À la prison de Fresnes, le bâtonnier et le député témoins de la vétusté et de la surpopulation

Toujours dans l’attente de grands travaux, la prison de Fresnes reste vétuste et en surpopulation chronique. Sept ans après l’accablant rapport de la Contrôleure générale des lieux de privation de liberté, les conditions d’accueil se sont améliorées mais les rongeurs et punaises de lit continuent de s’inviter dans les lieux. Ce lundi, le député du Val-de-Marne, Guillaume Gouffier-Valente (Renaissance), et le bâtonnier de Créteil, Édouard Billaux, sont venus constater sur place. Reportage.

Devant les grilles vertes de l’avenue de la Liberté, une famille sud-américaine attend qu’on lui ouvre. Munies d’un grand cabas pour trois, le petit clan est venu porter des draps à un proche incarcéré. “Pas les lundis. Je ne peux rien faire”, leur explique un surveillant pénitentiaire, rangers aux pieds et talkie-walkie à la main. L’air sincèrement désolé, il se démène pour leur trouver le numéro à composer pour obtenir le rendez-vous qui leur permettra de déposer le linge. “C’est souvent comme ça quand les gens viennent pour la première fois”, constate-t-il, habitué.

Derrière les grilles, la prison de Fresnes, la plus ancienne de France – elle fêtera ses 125 ans les 21 et 22 juin prochain. “C’est aussi la plus vétuste”, glisse Édouard Billaux, bâtonnier de Créteil. L’avocat accompagne Guillaume Gouffier-Valente, député Renaissance du Val-de-Marne, en visite parlementaire sur les lieux. Contexte de cette visite : la veille du début des discussions au Sénat du projet de loi d’orientation et de programmation du ministère de la Justice 2023-2027. Le texte prévoit notamment la construction de nouvelles places de prison, le recrutement de personnel pénitentiaire, et leur montée en grade.

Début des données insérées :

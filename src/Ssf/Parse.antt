-- ===== src/Ssf/Parse.antt =====
-- Steps 1 to 3 of src/axiam_sdk/ssf/_receiver.py, and the presence of the key id.
use Prim.Native.String.{◌++◌}
use axiam_python_sdk.Base.{
  ℕ, String, ◌==◌, Bool, false, ◌&&◌, ◌||◌, Option, none, some, List, [], ◌∷◌, leb, eqb,
  if◌then◌else◌,
}
use axiam_python_sdk.Text.{split, every, lower_equals, is_blank}
use axiam_python_sdk.Json.{Value, str, obj, Fields, get}
use axiam_python_sdk.Runtime.{Runtime, Bytes}
use axiam_python_sdk.Ssf.{
  Result, ok, raised, ◌>>=◌, ◌>>◌, require, need, refusal, malformed, invalid_type, invalid_key,
}

-- _B64URL
abbrev pub is_b64url : ℕ → Bool
is_b64url c =
    (leb b'A' c && leb c b'Z')
    || (leb b'a' c && leb c b'z')
    || (leb b'0' c && leb c b'9')
    || eqb c b'-'
    || eqb c b'_'

pub record Parsed : Type 0 where
  pub kid : String
  pub signing_input : Bytes
  pub signature : Bytes
  pub claims : Fields

abbrev as_object : Option Value → Option Fields
as_object (some (obj d)) = some d
as_object _ = none

abbrev and_then : {A B : Type 0} → Option A → (A → Option B) → Option B
and_then none f = none
and_then (some a) f = f a

-- header.get("typ") as a SET's type
unfoldable pub is_set_type : Option Value → Bool
is_set_type (some (str typ)) =
    lower_equals typ "secevent+jwt" || lower_equals typ "application/secevent+jwt"
is_set_type _ = false

unfoldable pub is_eddsa : Option Value → Bool
is_eddsa (some (str alg)) = alg == "EdDSA"
is_eddsa _ = false

-- header.get("kid") as a non-empty string
unfoldable pub kid_text : Option Value → Option String
kid_text (some (str kid)) = if is_blank kid then none else some kid
kid_text _ = none

module _ (rt : Runtime) where
  -- _b64; none for the ValueError and the binascii.Error
  unfoldable pub b64 : String → Option Bytes
  b64 part = if every is_b64url part then rt.b64decode part else none

  -- _json_object
  unfoldable pub json_object : String → Option Fields
  unfolding b64
  json_object part = and_then (b64 part) (λ bytes. as_object (rt.loads bytes))

  -- the three parts
  unfoldable pub parse_parts : List String → Result Parsed
  unfolding b64 json_object is_set_type is_eddsa kid_text
  parse_parts (head ∷ body ∷ tail ∷ []) = do
    signature ← need (b64 tail) malformed
    header ← need (json_object head) malformed
    claims ← need (json_object body) malformed
    require (is_set_type (get "typ" header)) invalid_type
    require (is_eddsa (get "alg" header)) invalid_key
    kid ← need (kid_text (get "kid" header)) invalid_key
    ok (record {
      kid = kid;
      signing_input = rt.encode (head ++ ("." ++ body));
      signature = signature;
      claims = claims;
    })
  parse_parts _ = raised (refusal malformed)

  -- parse
  unfoldable pub parse : String → Result Parsed
  unfolding parse_parts
  parse set_token = parse_parts (split b'.' set_token)
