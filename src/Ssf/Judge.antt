-- ===== src/Ssf/Judge.antt =====
-- Steps 5 to 8 of src/axiam_sdk/ssf/_receiver.py: the judgement of a parsed token under a key.
pub mod Sound
use axiam_python_sdk.Base.{
  ℕ, String, ◌==◌, Bool, true, false, ◌&&◌, ◌||◌, not, Option, none, some, if◌then◌else◌,
}
use axiam_python_sdk.Json.{
  Value, int, float, str, arr, obj, Fields, end, field, get, has, equals_text, any_text,
}
use axiam_python_sdk.Runtime.{Runtime, Bytes, Jose}
use axiam_python_sdk.Ssf.{
  Result, ok, raised, ◌>>=◌, ◌>>◌, require, need, invalid_key, invalid_issuer, invalid_audience,
  invalid_request, SecurityEvent,
}
use axiam_python_sdk.Ssf.Parse.{Parsed}

-- The `iss` and `aud` that the receiver is configured with.
pub record Config : Type 0 where
  pub issuer : String
  pub audience : String
  pub replay_window : ℕ

unfoldable pub is_issuer : String → Option Value → Bool
is_issuer issuer (some v) = equals_text v issuer
is_issuer issuer none = false

-- aud == audience, or a list with such an item
unfoldable pub names_audience : String → Option Value → Bool
names_audience audience (some (arr items)) = any_text items audience
names_audience audience (some v) = equals_text v audience
names_audience audience none = false

-- jti as a non-empty string
unfoldable pub jti_text : Option Value → Option String
jti_text (some (str jti)) = if jti == "" then none else some jti
jti_text _ = none

-- iat as an int or a float, and not a bool
unfoldable pub numeric : Option Value → Option Value
numeric (some (int n)) = some (int n)
numeric (some (float x)) = some (float x)
numeric _ = none

abbrev pub as_object : Option Value → Option Fields
as_object (some (obj d)) = some d
as_object _ = none

-- the single member of `events`
unfoldable pub single_event : Option Value → Option (String × Value)
single_event (some (obj (field event_type event end))) = some (event_type, event)
single_event _ = none

-- the key of the poll's map, where there is one, is the jti
unfoldable pub expects : Option String → String → Bool
expects none jti = true
expects (some expected) jti = expected == jti

abbrev pub txn_text : Option Value → Option String
txn_text (some (str txn)) = some txn
txn_text _ = none

-- event if isinstance(event, dict) else {}
abbrev pub event_object : Value → Fields
event_object (obj d) = d
event_object _ = end

abbrev pub value_or_null : Option Value → Value
value_or_null none = Value.null
value_or_null (some v) = v

module _ (cfg : Config) where
  -- steps 6 to 8
  unfoldable pub judge_claims : Fields → Option String → Result SecurityEvent
  judge_claims claims expected_jti = do
    require (is_issuer cfg.issuer (get "iss" claims)) invalid_issuer
    require (names_audience cfg.audience (get "aud" claims)) invalid_audience
    require (not (has "exp" claims || has "sub" claims)) invalid_request
    jti ← need (jti_text (get "jti" claims)) invalid_request
    iat ← need (numeric (get "iat" claims)) invalid_request
    sub_id ← need (as_object (get "sub_id" claims)) invalid_request
    event ← need (single_event (get "events" claims)) invalid_request
    require (expects expected_jti jti) invalid_request
    ok (record {
      jti = jti;
      iat = iat;
      iss = cfg.issuer;
      aud = value_or_null (get "aud" claims);
      txn = txn_text (get "txn" claims);
      event_type = event.0;
      event = event_object event.1;
      sub_id = sub_id;
    })

module _ (jose : Jose) (cfg : Config) where
  -- step 5
  unfoldable pub signature_ok : Parsed → Fields → Bool
  signature_ok parsed key =
      jose.is_ed25519 key && jose.verify parsed.signing_input key parsed.signature

  -- judge
  unfoldable pub judge : Parsed → Option Fields → Option String → Result SecurityEvent
  judge parsed found expected_jti = do
    key ← need found invalid_key
    require (signature_ok parsed key) invalid_key
    judge_claims cfg parsed.claims expected_jti
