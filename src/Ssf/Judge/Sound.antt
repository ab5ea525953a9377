-- ===== src/Ssf/Judge/Sound.antt =====
-- What a token that src/axiam_sdk/ssf/_receiver.py judges good has passed.
use axiam_python_sdk.Base.{
  String, ◌≡◌, ◌↔◌, true, Option, none, some, arith, Option-cases, inl, inr,
}
use axiam_python_sdk.Json.{Value, Fields, get}
use axiam_python_sdk.Runtime.{Jose}
use axiam_python_sdk.Ssf.{ok, SecurityEvent}
use axiam_python_sdk.Ssf.Parse.{Parsed}
use axiam_python_sdk.Ssf.Judge.{
  Config, is_issuer, names_audience, jti_text, numeric, as_object, single_event, expects, txn_text,
  signature_ok, judge_claims, judge, event_object, value_or_null,
}

-- Steps 6 to 8 of the specification, for the event that they describe.
pub record ClaimsPass (cfg : Config) (claims : Fields) (expected : Option String)
    (e : SecurityEvent) : Type 0 where
  pub issuer : is_issuer cfg.issuer (get "iss" claims) ≡ true
  pub audience : names_audience cfg.audience (get "aud" claims) ≡ true
  pub no_exp : get "exp" claims ≡ none
  pub no_sub : get "sub" claims ≡ none
  pub jti : jti_text (get "jti" claims) ≡ some e.jti
  pub iat : numeric (get "iat" claims) ≡ some e.iat
  pub sub_id : as_object (get "sub_id" claims) ≡ some e.sub_id
  pub body : Value
  pub event : single_event (get "events" claims) ≡ some (e.event_type, body)
  pub event_is : e.event ≡ event_object body
  pub poll_key : expects expected e.jti ≡ true
  pub iss_is : e.iss ≡ cfg.issuer
  pub aud_is : e.aud ≡ value_or_null (get "aud" claims)
  pub txn_is : e.txn ≡ txn_text (get "txn" claims)

module _ (cfg : Config) (claims : Fields) (expected : Option String) where
  ClaimsPass-judged :
      (e : SecurityEvent)
      → ClaimsPass cfg claims expected e
      → judge_claims cfg claims expected ≡ ok e
  unfolding judge_claims
  ClaimsPass-judged e p = ground arith

  judged-ClaimsPass :
      (e : SecurityEvent)
      → judge_claims cfg claims expected ≡ ok e
      → ClaimsPass cfg claims expected e
  unfolding judge_claims
  judged-ClaimsPass e h = elim (Option-cases (single_event (get "events" claims))) [
    | inl missing ↦ absurd (ground (arith, missing))
    | inr (pair, found) ↦ record {
      issuer = ground (arith, found);
      audience = ground (arith, found);
      no_exp = ground (arith, found);
      no_sub = ground (arith, found);
      jti = ground (arith, found);
      iat = ground (arith, found);
      sub_id = ground (arith, found);
      body = pair.1;
      event = ground (arith, found);
      event_is = ground (arith, found);
      poll_key = ground (arith, found);
      iss_is = ground (arith, found);
      aud_is = ground (arith, found);
      txn_is = ground (arith, found);
    }
  ]

-- Every step of the judgement, for the event that it returns.
pub record Passes (jose : Jose) (cfg : Config) (parsed : Parsed) (found : Option Fields)
    (expected : Option String) (e : SecurityEvent) : Type 0 where
  pub key : Fields
  pub key_found : found ≡ some key
  pub signed : signature_ok jose cfg parsed key ≡ true
  pub claims : ClaimsPass cfg parsed.claims expected e

module _ (jose : Jose) (cfg : Config) (parsed : Parsed) (found : Option Fields)
    (expected : Option String) (e : SecurityEvent) where
  judge-Passes :
      judge jose cfg parsed found expected ≡ ok e → Passes jose cfg parsed found expected e
  unfolding judge
  judge-Passes h = elim (Option-cases found) [
    | inl missing ↦ absurd (ground (arith, missing))
    | inr (key, there) ↦ record {
      key = key;
      key_found = there;
      signed = ground (arith, there);
      claims = judged-ClaimsPass cfg parsed.claims expected e (ground (arith, there));
    }
  ]

  Passes-judge :
      Passes jose cfg parsed found expected e → judge jose cfg parsed found expected ≡ ok e
  unfolding judge
  Passes-judge p = ground (arith, ClaimsPass-judged cfg parsed.claims expected e p.claims)

  pub judge_iff :
      (judge jose cfg parsed found expected ≡ ok e) ↔ Passes jose cfg parsed found expected e
  judge_iff = (judge-Passes, Passes-judge)
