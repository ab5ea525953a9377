-- ===== src/Ssf/KeyLookup.antt =====
-- SsfReceiver._fetch_jwks and _key_for of src/axiam_sdk/ssf/_receiver.py. `clock i` is the i-th
-- reading of the clock that one lookup makes, and `http` answers its requests, in the first or in
-- the second fetch.
pub mod Limit
pub mod Found
use axiam_python_sdk.Base.{
  ℕ, ◌+◌, String, ◌==◌, Bool, true, false, ◌&&◌, ◌||◌, not, Option, none, some, if◌then◌else◌,
  is_some,
}
use axiam_python_sdk.Text.{lower_equals}
use axiam_python_sdk.Dict.{Dict, lookup}
use axiam_python_sdk.Json.{Fields, get}
use axiam_python_sdk.Runtime.{Jose}
use axiam_python_sdk.Ssf.{Failure, other, network, network_from, Result, ok, raised, ◌>>=◌, ◌>>◌}
use axiam_python_sdk.Ssf.Keys.{
  Response, Url, Core, needs_fetch, may_force, note_failed_fetch, is_loopback, is_success, as_text,
  document, fails, or_fail, when_ok, read_jwks,
}

-- What the lookup takes from outside: PyJWT, and httpx.URL.
pub record Web : Type 0 where
  pub jose : Jose
  pub parse_url : String → Option Url

-- A part of a lookup: the cache after it, how it ended, and how often it fetched.
pub record Progress (A : Type 0) : Type 0 where
  pub core : Core
  pub answer : Result A
  pub fetches : ℕ

-- How a request ends: a response, httpx.TransportError, or another exception of httpx.
pub data Got : Type 0 where
  response : Response → Got
  transport_error : Got
  broken : String → Got

abbrev pub Http : Type 0
Http = String → Got

-- _get
abbrev pub got : Got → Result Response
got (response r) = ok r
got transport_error = fails "transport"
got (broken message) = raised (other message)

-- assert value is not None
abbrev pub asserted : {A : Type 0} → Option A → Result A
asserted none = raised (other "assertion")
asserted (some a) = ok a

-- isinstance(error, NetworkError)
abbrev pub is_network : Failure → Bool
is_network (network message) = true
is_network (network_from cause) = true
is_network failure = false

-- `except NetworkError`: the failure is counted and raised again
abbrev pub count_failure : ℕ → Core × Result (Unit {0}) → Core × Result (Unit {0})
count_failure now (core, ok _) = (core, ok tt)
count_failure now (core, raised e) =
    (if is_network e then note_failed_fetch now core else core, raised e)

module _ (web : Web) where
  unfoldable pub check_url : String → Result String
  unfolding is_loopback
  check_url url = elim (web.parse_url url) [
    | none ↦ fails "not an absolute URL"
    | some u ↦
        if lower_equals u.scheme "https" || (lower_equals u.scheme "http" && is_loopback u.host)
        then ok url
        else fails "must be an https URL"
  ]

  -- the `jwks_uri` of a configuration document
  unfoldable pub discovered_jwks_uri : Core → Response → Result String
  unfolding check_url
  discovered_jwks_uri core r =
      if is_success r
      then (do
        d ← or_fail (document r) "the SSF configuration is not JSON"
        issuer ← or_fail (as_text (get "issuer" d)) "not the configured issuer"
        when_ok (issuer == core.issuer) "not the configured issuer"
        uri ← or_fail (as_text (get "jwks_uri" d)) "no jwks_uri"
        check_url uri)
      else fails "the SSF configuration fetch failed"

  -- the configured or discovered `jwks_uri`
  unfoldable pub resolve_uri : Http → Core → Result String
  unfolding check_url discovered_jwks_uri
  resolve_uri http core = elim core.jwks_uri [
    | some uri ↦ ok uri
    | none ↦ do
      url ← asserted core.discovery_url
      url' ← check_url url
      r ← got (http url')
      discovered_jwks_uri core r
  ]

  unfoldable pub download : Http → String → Result Response
  unfolding check_url
  download http uri = do url ← check_url uri; got (http url)

  abbrev pub stored : ℕ → Core → Result (Dict Fields) → Core × Result (Unit {0})
  stored now core (raised e) = (core, raised e)
  stored now core (ok keys) = (record core { keys = some keys; fetched_at = now }, ok tt)

  -- store_jwks: a forced refetch is counted before the response is read
  unfoldable pub store_jwks : Bool → ℕ → Response → Core → Core × Result (Unit {0})
  store_jwks forced now r core =
      let core' = record core { last_forced = if forced then some now else core.last_forced } in
      stored now core' (read_jwks web.jose r)

  abbrev pub store_response : Bool → ℕ → Core → Result Response → Core × Result (Unit {0})
  store_response forced now core (raised e) = (core, raised e)
  store_response forced now core (ok r) = store_jwks forced now r core

  -- the body of the try, on the resolved `jwks_uri`
  abbrev pub fetch_from : Http → Bool → ℕ → Core → Result String → Core × Result (Unit {0})
  fetch_from http forced now core (raised e) = (core, raised e)
  fetch_from http forced now core (ok uri) =
      store_response forced now (record core { jwks_uri = some uri }) (download http uri)

  -- _fetch_jwks
  unfoldable pub fetch_jwks : Http → Bool → ℕ → Core → Core × Result (Unit {0})
  unfolding store_jwks download note_failed_fetch
  fetch_jwks http forced now core =
      count_failure now (fetch_from http forced now core (resolve_uri http core))

  abbrev pub fetched : Core × Result (Unit {0}) → Progress (Unit {0})
  fetched (core, answer) = record { core = core; answer = answer; fetches = 1 }

  -- the fill of an empty or expired cache
  unfoldable pub fill : (ℕ → ℕ) → (ℕ → Http) → Core → Progress (Unit {0})
  fill clock http core =
      if needs_fetch (clock 0) core
      then (if may_force (clock 1) core
          then fetched (fetch_jwks (http 0) false (clock 2) core)
          else record { core = core; answer = fails "within the minute"; fetches = 0 })
      else record { core = core; answer = ok tt; fetches = 0 }

  abbrev pub find_key : String → Core → Option Fields
  find_key kid core = elim core.keys [ none ↦ none | some keys ↦ lookup kid keys ]

  -- the one refetch for an unknown key id
  unfoldable pub refetch : (ℕ → ℕ) → (ℕ → Http) → String → Core → Progress (Unit {0})
  refetch clock http kid core =
      if not (is_some (find_key kid core)) && may_force (clock 3) core
      then fetched (fetch_jwks (http 1) true (clock 4) core)
      else record { core = core; answer = ok tt; fetches = 0 }

  abbrev pub finish : String → Result (Unit {0}) → Core → Result (Option Fields)
  finish kid (raised e) core = raised e
  finish kid (ok _) core = ok (find_key kid core)

  after_fill :
      (ℕ → ℕ)
      → (ℕ → Http)
      → String
      → Progress (Unit {0})
      → Result (Unit {0})
      → Progress (Option Fields)
  after_fill clock http kid p (raised e) = record {
    core = p.core;
    answer = raised e;
    fetches = p.fetches;
  }
  after_fill clock http kid p (ok _) =
      let q = refetch clock http kid p.core in
      record { core = q.core; answer = finish kid q.answer q.core; fetches = p.fetches + q.fetches }

  -- _key_for
  unfoldable pub key_for : (ℕ → ℕ) → (ℕ → Http) → String → Core → Progress (Option Fields)
  unfolding after_fill
  key_for clock http kid core = let p = fill clock http core in after_fill clock http kid p p.answer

Suroccupation chronique et délétère

La Maison d’arrêt de Fresnes, qui accueille aussi bien des prévenus en attente de jugement que des personnes condamnées à des courtes peines, compte actuellement quelque 1800 détenus pour 1300 places, soit un taux d’occupation de 138 %. Une situation problématique, mais qui a déjà été pire : il y a encore cinq ans, la suroccupation avait atteint les 200%. “Lors de ma précédente visite, les détenus partageaient leur cellule à trois”, se rappelle Guillaume Gouffier-Valente, déjà venu il y a quelques années, alors qu’il était collaborateur du député-maire de Fresnes Jean-Jacques Bridey. Aujourd’hui, sauf en quartiers d’isolement, les prisonniers dorment à deux. L’emprisonnement individuel est pourtant prévu par la loi depuis 1875, mais n’a jamais avoir été appliqué. “ll y a eu une amélioration, il faut continuer sur une telle dynamique”, tente de positiver l’élu.

Pendant la crise du coronavirus, les ordonnances de libération des détenus en fin de peine, émises pour enrayer la propagation du virus dans ces lieux exigus, avaient fait chuter l’occupation à un “record” de 108% – du jamais vu depuis des décennies. “Pendant la crise sanitaire, nous avons perdu plus de 600 détenus en quatre mois”, détaille Jimmy Delliste, directeur du centre pénitentiaire. Le retour au “monde d’avant” aura ensuite fait repartir les indicateurs à la hausse. En mai dernier, avec 73 162 détenus, la France a atteint son nouveau “record” de personnes incarcérées, portant le taux d’occupation moyen des prisons françaises à 120%.

Lire : Moins de détenus à Fresnes, mais jusqu’à quand ?

En cause, notamment : le recours à la détention provisoire, ainsi qu’aux courtes peines. “Le problème, c’est les effets de bords”, explique un membre de l’administration pénitentiaire. “Par exemple, quand on dit à un juge qu’il ne peut pas mettre une peine de moins d’un mois de prison, il aura tendance à en mettre deux. Il y a un allongement mécanique des peines.”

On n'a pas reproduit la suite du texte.